_Task objective_.
Look through the data that follows and copy each line with the string "refl".

[Saved data entries]
--- START ---
-- ===== src/Rotate/Inverse.antt =====
-- Rotates in one direction undo those in the other.
use z80_python.Base.{
  ◌&&◌, ◌/◌, ◌<<<◌, ◌<◌, ◌==◌, ◌>>>◌, ◌≡◌, Bool, arith, bit_and, bit_or, refl, true, u8, ℕ,
}
use z80_python.Base.Bits.{bit_bounds}
use z80_python.Base.Table.{all_below, all_below_sound, all_pairs_sound}
use z80_python.Cpu.{Cpu}
use z80_python.Flags.{flag_c, parity, szxy, szxyp}
use z80_python.Rotate.{rl, rlc, rr, rrc}

abbrev circular_right : ℕ → Bool
circular_right x =
    let left = u8 (bit_or (x <<< 1) (x >>> 7)) in
    u8 (bit_or (left >>> 1) (left <<< 7)) == x
    && bit_and (bit_or (szxyp left) (x >>> 7)) 1 == x / 128

abbrev through_carry : ℕ → ℕ → Bool
through_carry x carry =
    let left = u8 (bit_or (x <<< 1) carry) in
    let back = bit_or (left >>> 1) (bit_and (bit_or (szxyp left) (x >>> 7)) 1 <<< 7) in
    back == x && bit_and (bit_or (szxyp back) (bit_and left 1)) 1 == carry

circular_table : all_below 256 circular_right ≡ true
unfolding all_below szxyp szxy parity
circular_table = refl

carry_table : all_below 256 (λ x. all_below 2 (through_carry x)) ≡ true
unfolding all_below szxyp szxy parity
carry_table = refl

both : (a b c d : ℕ) → (a == b && c == d) ≡ true → (a ≡ b) × (c ≡ d)
both a b c d h = ground arith

-- For a byte RLC puts bit 7 into the carry flag, and RRC on its result gives the byte back.
pub rrc-rlc :
    (x : ℕ) (s : Cpu)
    → x < 256
    → ((rrc (rlc x s).0 (rlc x s).1).0 ≡ x) × (bit_and (rlc x s).1.f flag_c ≡ x / 128)
unfolding rrc rlc
rrc-rlc x s h = both _ _ _ _ (all_below_sound 256 circular_right x circular_table h)

-- For a byte RR on the byte and the carry flag that RL leaves gives back the byte and the carry
-- flag.
pub rr-rl :
    (x : ℕ) (s : Cpu)
    → x < 256
    → let left = rl x s in
      let back = rr left.0 left.1 in (back.0 ≡ x) × (bit_and back.1.f flag_c ≡ bit_and s.f flag_c)
unfolding rr rl
rr-rl x s h =
    let carry : bit_and s.f flag_c < 2 = omega bit_bounds in
    both _ _ _ _ (all_pairs_sound 256 2 through_carry x (bit_and s.f flag_c) carry_table h carry)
--- END ---
_Result of the task_.
  ◌&&◌, ◌/◌, ◌<<<◌, ◌<◌, ◌==◌, ◌>>>◌, ◌≡◌, Bool, arith, bit_and, bit_or, refl, true, u8, ℕ,
circular_table = refl
carry_table = refl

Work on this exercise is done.